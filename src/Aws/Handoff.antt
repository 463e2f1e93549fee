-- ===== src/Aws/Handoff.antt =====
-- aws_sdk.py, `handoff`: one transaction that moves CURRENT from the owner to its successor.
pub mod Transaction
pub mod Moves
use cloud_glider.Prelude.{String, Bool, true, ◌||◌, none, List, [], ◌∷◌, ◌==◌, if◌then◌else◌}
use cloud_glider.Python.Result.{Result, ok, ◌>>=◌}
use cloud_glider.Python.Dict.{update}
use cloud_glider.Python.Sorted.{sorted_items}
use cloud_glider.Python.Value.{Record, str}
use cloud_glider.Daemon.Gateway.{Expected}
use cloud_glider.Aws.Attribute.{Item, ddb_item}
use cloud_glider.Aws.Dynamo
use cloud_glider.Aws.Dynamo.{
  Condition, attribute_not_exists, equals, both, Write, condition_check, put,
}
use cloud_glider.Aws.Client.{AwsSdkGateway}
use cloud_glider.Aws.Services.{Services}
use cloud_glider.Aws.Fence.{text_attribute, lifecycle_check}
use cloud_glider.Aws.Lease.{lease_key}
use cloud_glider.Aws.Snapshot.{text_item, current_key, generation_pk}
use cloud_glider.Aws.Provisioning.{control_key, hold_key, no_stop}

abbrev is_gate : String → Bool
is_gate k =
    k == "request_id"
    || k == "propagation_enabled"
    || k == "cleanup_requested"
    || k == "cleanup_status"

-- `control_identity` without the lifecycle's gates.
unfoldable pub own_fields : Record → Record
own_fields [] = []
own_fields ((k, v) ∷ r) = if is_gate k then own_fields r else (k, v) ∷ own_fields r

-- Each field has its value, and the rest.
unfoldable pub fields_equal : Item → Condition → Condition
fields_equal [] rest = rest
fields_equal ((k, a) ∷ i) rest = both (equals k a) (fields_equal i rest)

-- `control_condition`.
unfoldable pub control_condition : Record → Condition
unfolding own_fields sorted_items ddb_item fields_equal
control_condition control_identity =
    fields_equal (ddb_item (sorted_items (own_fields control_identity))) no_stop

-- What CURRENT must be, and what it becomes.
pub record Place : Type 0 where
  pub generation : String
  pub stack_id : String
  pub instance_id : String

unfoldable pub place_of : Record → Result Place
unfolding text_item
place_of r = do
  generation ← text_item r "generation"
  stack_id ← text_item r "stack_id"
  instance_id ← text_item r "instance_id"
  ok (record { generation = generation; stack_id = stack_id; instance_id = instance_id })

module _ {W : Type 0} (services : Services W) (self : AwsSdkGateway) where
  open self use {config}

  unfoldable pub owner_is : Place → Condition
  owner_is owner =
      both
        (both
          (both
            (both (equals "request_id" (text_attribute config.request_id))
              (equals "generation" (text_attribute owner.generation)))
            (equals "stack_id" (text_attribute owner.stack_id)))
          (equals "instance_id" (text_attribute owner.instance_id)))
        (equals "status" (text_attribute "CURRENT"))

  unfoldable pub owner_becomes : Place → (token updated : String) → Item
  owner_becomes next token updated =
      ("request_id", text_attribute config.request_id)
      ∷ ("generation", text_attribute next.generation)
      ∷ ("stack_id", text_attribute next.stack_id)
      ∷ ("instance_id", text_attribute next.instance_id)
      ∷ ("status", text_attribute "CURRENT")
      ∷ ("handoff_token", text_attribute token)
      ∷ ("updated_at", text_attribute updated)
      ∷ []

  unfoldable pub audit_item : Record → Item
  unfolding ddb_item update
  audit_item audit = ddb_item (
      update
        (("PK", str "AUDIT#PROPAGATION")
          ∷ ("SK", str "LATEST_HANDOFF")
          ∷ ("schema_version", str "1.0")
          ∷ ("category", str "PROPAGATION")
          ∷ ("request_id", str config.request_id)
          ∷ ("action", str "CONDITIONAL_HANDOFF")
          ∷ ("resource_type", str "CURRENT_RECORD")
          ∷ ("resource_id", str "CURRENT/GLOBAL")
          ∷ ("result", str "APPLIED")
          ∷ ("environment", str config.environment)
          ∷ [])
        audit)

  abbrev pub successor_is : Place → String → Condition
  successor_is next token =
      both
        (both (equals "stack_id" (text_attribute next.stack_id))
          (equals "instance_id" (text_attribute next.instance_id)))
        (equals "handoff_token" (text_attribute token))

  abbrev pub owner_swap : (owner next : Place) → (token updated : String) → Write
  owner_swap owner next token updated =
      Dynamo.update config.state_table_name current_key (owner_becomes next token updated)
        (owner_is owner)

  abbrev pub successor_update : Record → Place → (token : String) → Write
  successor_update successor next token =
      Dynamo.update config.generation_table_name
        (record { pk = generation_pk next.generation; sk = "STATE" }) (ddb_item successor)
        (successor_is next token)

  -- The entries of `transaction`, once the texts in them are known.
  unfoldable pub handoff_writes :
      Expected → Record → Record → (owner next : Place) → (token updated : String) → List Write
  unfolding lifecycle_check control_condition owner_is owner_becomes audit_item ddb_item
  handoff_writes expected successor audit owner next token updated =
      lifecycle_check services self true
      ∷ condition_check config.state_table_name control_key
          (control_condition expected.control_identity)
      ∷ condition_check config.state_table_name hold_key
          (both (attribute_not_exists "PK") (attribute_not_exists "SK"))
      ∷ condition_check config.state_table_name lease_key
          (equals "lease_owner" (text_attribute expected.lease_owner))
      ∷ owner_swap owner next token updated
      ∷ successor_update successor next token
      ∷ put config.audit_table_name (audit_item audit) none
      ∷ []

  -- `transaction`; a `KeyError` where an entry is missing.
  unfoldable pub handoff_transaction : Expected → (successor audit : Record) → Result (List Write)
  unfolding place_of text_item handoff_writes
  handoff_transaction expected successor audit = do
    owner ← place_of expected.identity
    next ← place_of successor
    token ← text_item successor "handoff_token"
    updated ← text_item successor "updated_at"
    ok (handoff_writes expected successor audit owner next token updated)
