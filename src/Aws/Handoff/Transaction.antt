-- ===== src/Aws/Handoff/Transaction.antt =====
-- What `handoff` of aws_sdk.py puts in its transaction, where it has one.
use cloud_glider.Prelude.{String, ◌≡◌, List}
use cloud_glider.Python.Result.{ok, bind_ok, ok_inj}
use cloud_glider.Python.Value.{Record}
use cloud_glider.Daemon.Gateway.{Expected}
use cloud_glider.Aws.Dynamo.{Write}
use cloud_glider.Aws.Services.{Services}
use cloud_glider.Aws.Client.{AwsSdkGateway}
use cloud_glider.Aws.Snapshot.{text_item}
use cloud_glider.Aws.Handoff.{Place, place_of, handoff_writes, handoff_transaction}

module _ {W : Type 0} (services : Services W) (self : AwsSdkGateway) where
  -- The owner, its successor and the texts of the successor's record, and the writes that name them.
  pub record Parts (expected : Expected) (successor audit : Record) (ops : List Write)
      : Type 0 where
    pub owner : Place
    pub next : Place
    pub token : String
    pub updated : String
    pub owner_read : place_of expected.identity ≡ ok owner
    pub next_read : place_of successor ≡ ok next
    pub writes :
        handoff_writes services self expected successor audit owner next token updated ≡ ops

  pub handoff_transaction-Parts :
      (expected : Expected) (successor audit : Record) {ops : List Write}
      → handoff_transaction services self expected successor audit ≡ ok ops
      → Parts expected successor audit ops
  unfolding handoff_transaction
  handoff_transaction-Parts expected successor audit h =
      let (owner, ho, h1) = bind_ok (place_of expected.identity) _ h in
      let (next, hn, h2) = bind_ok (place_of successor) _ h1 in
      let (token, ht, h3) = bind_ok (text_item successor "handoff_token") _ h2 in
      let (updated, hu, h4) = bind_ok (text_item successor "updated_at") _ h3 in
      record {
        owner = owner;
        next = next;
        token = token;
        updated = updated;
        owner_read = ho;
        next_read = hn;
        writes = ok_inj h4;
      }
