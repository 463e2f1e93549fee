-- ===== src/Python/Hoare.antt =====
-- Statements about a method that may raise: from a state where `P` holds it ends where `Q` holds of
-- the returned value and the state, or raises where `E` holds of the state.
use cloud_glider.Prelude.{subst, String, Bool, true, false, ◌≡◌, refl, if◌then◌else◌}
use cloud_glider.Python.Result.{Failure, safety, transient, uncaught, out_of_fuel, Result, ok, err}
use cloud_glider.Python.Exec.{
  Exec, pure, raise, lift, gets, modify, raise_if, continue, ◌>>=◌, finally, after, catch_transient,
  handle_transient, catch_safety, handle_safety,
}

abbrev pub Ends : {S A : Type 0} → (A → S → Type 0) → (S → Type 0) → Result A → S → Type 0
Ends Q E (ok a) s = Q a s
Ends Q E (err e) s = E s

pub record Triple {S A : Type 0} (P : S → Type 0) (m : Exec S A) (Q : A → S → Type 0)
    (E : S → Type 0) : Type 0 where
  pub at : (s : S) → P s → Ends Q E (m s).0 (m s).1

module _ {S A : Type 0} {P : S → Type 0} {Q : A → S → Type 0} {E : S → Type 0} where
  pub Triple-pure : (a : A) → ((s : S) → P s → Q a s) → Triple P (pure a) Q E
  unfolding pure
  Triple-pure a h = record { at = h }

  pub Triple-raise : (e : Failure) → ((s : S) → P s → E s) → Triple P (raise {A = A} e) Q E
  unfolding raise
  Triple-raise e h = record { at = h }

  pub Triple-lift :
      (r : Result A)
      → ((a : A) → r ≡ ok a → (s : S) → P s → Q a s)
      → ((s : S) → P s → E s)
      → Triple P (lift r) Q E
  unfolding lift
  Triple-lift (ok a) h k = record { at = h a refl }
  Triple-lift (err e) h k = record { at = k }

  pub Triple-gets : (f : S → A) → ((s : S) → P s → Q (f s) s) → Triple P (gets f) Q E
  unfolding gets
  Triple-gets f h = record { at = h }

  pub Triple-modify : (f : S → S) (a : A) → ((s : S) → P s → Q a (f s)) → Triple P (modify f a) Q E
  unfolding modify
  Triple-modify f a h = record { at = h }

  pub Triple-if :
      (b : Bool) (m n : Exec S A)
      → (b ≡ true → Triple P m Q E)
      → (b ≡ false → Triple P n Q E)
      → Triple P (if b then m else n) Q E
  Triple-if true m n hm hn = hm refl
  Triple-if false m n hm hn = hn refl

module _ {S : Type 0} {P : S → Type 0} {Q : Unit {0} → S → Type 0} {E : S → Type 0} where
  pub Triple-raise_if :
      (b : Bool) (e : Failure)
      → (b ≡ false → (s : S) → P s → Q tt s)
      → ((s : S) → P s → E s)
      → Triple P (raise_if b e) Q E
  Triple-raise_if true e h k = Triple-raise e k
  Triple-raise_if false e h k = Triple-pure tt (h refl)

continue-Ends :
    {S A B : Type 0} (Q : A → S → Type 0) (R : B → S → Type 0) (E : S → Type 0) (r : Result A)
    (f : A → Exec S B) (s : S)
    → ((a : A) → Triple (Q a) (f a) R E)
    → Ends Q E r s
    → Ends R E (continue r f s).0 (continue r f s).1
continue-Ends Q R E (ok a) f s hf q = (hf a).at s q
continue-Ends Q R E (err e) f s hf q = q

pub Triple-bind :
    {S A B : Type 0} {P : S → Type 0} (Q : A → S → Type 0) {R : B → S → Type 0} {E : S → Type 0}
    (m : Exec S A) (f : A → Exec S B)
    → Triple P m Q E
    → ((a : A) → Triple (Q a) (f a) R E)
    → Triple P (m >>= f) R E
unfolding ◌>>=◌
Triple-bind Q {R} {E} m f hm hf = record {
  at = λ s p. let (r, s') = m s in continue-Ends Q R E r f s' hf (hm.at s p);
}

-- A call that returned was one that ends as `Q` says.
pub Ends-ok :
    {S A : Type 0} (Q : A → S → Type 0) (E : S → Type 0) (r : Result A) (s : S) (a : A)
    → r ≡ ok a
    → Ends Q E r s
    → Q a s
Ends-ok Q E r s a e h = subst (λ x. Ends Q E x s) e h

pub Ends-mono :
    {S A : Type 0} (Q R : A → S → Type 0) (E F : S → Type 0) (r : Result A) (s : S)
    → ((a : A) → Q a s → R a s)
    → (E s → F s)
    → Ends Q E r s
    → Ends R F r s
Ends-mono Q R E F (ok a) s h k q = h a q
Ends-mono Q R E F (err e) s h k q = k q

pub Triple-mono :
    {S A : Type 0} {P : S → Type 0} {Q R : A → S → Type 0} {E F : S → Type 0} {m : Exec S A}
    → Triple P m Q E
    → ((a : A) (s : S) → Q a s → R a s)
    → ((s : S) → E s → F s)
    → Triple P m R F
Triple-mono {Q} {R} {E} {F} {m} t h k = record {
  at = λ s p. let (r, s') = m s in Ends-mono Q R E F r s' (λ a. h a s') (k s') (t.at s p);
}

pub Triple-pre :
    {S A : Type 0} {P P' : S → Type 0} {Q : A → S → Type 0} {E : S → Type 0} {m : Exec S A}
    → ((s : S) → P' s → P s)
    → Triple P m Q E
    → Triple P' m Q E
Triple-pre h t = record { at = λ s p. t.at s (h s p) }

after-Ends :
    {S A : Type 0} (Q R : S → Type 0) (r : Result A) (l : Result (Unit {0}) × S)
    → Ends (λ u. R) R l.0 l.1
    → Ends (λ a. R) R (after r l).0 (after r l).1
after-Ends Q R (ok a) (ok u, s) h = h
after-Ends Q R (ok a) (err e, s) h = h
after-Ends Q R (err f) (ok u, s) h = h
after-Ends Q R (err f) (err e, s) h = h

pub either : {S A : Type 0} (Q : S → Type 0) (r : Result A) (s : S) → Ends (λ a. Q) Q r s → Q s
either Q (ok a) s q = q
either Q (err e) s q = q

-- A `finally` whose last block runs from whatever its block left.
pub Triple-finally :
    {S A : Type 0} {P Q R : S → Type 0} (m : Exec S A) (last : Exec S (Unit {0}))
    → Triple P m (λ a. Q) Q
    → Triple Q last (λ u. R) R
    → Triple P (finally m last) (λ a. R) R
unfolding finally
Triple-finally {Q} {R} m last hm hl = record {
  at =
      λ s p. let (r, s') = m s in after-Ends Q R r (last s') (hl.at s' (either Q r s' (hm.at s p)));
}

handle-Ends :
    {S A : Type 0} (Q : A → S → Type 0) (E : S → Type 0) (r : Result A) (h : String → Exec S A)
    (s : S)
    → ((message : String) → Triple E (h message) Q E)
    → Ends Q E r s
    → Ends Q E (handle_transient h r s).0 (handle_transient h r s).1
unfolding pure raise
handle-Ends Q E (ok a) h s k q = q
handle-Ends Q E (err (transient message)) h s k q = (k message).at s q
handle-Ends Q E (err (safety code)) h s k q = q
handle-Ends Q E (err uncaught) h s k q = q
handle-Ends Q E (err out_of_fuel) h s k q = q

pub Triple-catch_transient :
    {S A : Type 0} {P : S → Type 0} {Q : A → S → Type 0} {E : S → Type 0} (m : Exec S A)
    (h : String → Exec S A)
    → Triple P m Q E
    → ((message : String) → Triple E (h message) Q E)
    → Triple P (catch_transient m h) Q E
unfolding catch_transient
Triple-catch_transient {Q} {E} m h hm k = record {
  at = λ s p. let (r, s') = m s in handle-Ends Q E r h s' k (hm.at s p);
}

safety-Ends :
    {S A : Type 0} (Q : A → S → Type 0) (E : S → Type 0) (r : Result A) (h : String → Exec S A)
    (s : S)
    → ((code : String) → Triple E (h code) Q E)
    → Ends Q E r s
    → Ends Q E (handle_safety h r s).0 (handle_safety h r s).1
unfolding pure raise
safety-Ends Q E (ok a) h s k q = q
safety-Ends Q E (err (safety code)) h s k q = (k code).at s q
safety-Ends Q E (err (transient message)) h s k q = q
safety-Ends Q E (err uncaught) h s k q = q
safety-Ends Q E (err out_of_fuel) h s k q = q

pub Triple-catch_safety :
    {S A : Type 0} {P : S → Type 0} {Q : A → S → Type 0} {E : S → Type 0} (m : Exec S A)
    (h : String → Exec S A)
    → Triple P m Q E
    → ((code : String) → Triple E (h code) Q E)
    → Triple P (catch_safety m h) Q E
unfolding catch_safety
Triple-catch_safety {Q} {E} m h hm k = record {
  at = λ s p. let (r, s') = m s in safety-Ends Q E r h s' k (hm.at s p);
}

[Task item]
Find the count of lines in the data above where the string "none" occurs. Provide that number alone.

[The answer]
2